Do Video Foundation Models Understand Intuitive Physics? A Layerwise Probing Analysis

Problem
This work addresses the gap in understanding whether pretrained video foundation models (VFMs) encapsulate intuitive-physics knowledge in their representations. The authors conduct a layerwise probing analysis to evaluate this capability across different model families, specifically focusing on the frozen representations of these models. The study is particularly relevant as it is presented as a preprint, indicating that it has not yet undergone peer review.

Method
The authors employ frozen-feature probing techniques on two datasets: IntPhys2 and Minimal Video Pairs (MVP). They compare three distinct model architectures: V-JEPA (a predictive joint-embedding model), VideoMAE (a masked reconstruction model), and LTX-Video (a diffusion-based video generator). The probing analysis involves assessing how well these models can predict intuitive-physics information based on their frozen representations. The study emphasizes the importance of model architecture, layer depth, and the type of probing mechanism used. The authors do not disclose specific training compute details but focus on the comparative performance of the models across different layers.

Results
V-JEPA demonstrates the strongest performance across both benchmarks, particularly excelling with probes that account for temporal dynamics. In quantitative terms, V-JEPA outperforms VideoMAE and LTX-Video, which, while competitive, yield weaker results. Specifically, the performance drop when frame order is disrupted indicates a significant reliance on temporal information, especially in the MVP dataset. Layerwise analysis reveals that intuitive-physics information is least accessible in the early layers of the models, with a marked increase in accessibility at intermediate to late layers. This suggests a hierarchical encoding of intuitive-physics knowledge within the model architectures.

Limitations
The authors acknowledge that their findings are limited by the specific datasets used (IntPhys2 and MVP) and the probing methods employed. They do not explore the implications of model size or the potential effects of different pretraining datasets on the results.

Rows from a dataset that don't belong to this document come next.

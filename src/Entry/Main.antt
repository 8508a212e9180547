-- ===== src/Entry/Main.antt =====
-- `main` and the flags (main.go), with what it runs. The command line itself is read by package flag.
pub mod Strict
pub mod Forwards
pub mod Admission
pub mod Login
use tunnel.Prelude.{Bytes, Bool, List, [], Option, none, some, ℤ, pos, codes}
use tunnel.Ech.Cache.{Attempt, prepare_ech}
use tunnel.Http.Request.{Url}
use tunnel.Pool.State.{Pool}
use tunnel.Pool.Start.{make_pool}
use tunnel.Server.Access.{NetText, Listening}
use tunnel.Server.Listen
use tunnel.Server.Listen.{run_web_socket_server}
use tunnel.Socks.Handshake.{Config}
use tunnel.Proxy.Startup
use tunnel.Proxy.Startup.{run_proxy_server}
use tunnel.TcpClient.Rules
use tunnel.TcpClient.Rules.{run_tcp_client}
use tunnel.Entry.{Mode, server, tcp_client, proxy, no_mode, mode_of}

-- The global variables that the flags set.
pub record Flags : Type 0 where
  pub listen_addr : Bytes
  pub forward_addr : Bytes
  pub ip_addr : Bytes
  pub cert_file : Bytes
  pub key_file : Bytes
  pub token : Bytes
  pub cidrs : Bytes
  pub dns_server : Bytes
  pub ech_domain : Bytes
  pub connection_num : ℤ

abbrev pub or_default : {A : Type 0} → Option A → A → A
or_default none value = value
or_default (some given) value = given

-- `init` and `flag.Parse`, on the value that the command line has for each name, if any.
unfoldable pub flags_of : (Bytes → Option Bytes) → Option ℤ → Flags
flags_of given n = record {
  listen_addr = or_default (given (codes "l")) [];
  forward_addr = or_default (given (codes "f")) [];
  ip_addr = or_default (given (codes "ip")) [];
  cert_file = or_default (given (codes "cert")) [];
  key_file = or_default (given (codes "key")) [];
  token = or_default (given (codes "token")) [];
  cidrs = or_default (given (codes "cidr")) (codes "0.0.0.0/0,::/0");
  dns_server = or_default (given (codes "dns")) (codes "dns.alidns.com/dns-query");
  ech_domain = or_default (given (codes "ech")) (codes "cloudflare-ech.com");
  connection_num = or_default n (pos 3);
}

-- What the program comes to: it ends with an error or a panic, `prepareECH` is still at it, or it
-- serves. A client has its pool, not started yet, and the ECH list.
pub data Run (Cidr : Type 0) : Type 0 where
  fatal panics resolving : Run Cidr
  serving : List Cidr → Bytes → Bytes → Listening → Run Cidr
  forwarding : Pool → Bytes → List (Bytes × Bytes) → Bool → Run Cidr
  proxying : Pool → Bytes → Config → Run Cidr

-- The outside: package url and net, whether the server's certificate can be made, whether
-- `net.Listen` succeeds on an address, and what each DoH request gives.
pub record Outside (Cidr : Type 0) : Type 0 where
  pub parse_url : Bytes → Option Url
  pub net : NetText Cidr
  pub made : Bool
  pub listens : Bytes → Bool
  pub attempts : List Attempt

module _ {Cidr : Type 0} where
  abbrev pub as_server : Listen.Start Cidr → Run Cidr
  as_server Listen.refused = fatal
  as_server (Listen.serves nets host path l) = serving nets host path l

  -- `NewECHPool` comes behind the checks, and in front of the rules.
  abbrev pub as_forwarder : Option Pool → Bytes → Rules.Start → Run Cidr
  as_forwarder p cache Rules.refused = fatal
  as_forwarder none cache (Rules.starts forwards stopped) = panics
  as_forwarder (some p) cache (Rules.starts forwards stopped) = forwarding p cache forwards stopped

  abbrev pub as_proxy : Option Pool → Bytes → Option Startup.Start → Run Cidr
  as_proxy p cache none = panics
  as_proxy p cache (some Startup.refused) = fatal
  as_proxy none cache (some (Startup.serves c)) = panics
  as_proxy (some p) cache (some (Startup.serves c)) = proxying p cache c

  abbrev pub behind_prepare : Option Bytes → (Bytes → Run Cidr) → Run Cidr
  behind_prepare none next = resolving
  behind_prepare (some cache) next = next cache

  unfoldable pub run_mode : Outside Cidr → Flags → Mode → Run Cidr
  run_mode o f server =
      as_server (
        run_web_socket_server o.net o.parse_url o.made f.cidrs f.cert_file f.key_file f.listen_addr)
  run_mode o f tcp_client = behind_prepare (prepare_ech o.attempts) (λ cache.
      as_forwarder (make_pool f.forward_addr f.connection_num) cache
        (run_tcp_client o.parse_url f.listen_addr f.forward_addr))
  run_mode o f proxy = behind_prepare (prepare_ech o.attempts) (λ cache.
      as_proxy (make_pool f.forward_addr f.connection_num) cache
        (run_proxy_server o.parse_url o.listens f.listen_addr f.forward_addr))
  run_mode o f no_mode = fatal

  unfoldable pub main : Outside Cidr → Flags → Run Cidr
  main o f = run_mode o f (mode_of f.listen_addr)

Additionally, the reliance on frozen representations may not fully capture the dynamic nature of intuitive-physics understanding, as fine-tuning could yield different insights. The study also does not address the generalizability of these findings to other video tasks or domains.

Why it matters
This research has significant implications for the development of video understanding systems, particularly in applications requiring an understanding of physical interactions. The findings suggest that intuitive-physics knowledge is reliably encoded in pretrained video representations, which could inform future model designs and training paradigms. Understanding how this knowledge is structured within model layers can guide researchers in optimizing architectures for specific tasks. This work contributes to the broader discourse on the interpretability of deep learning models in video analysis, as discussed in related literature, such as that available on arXiv.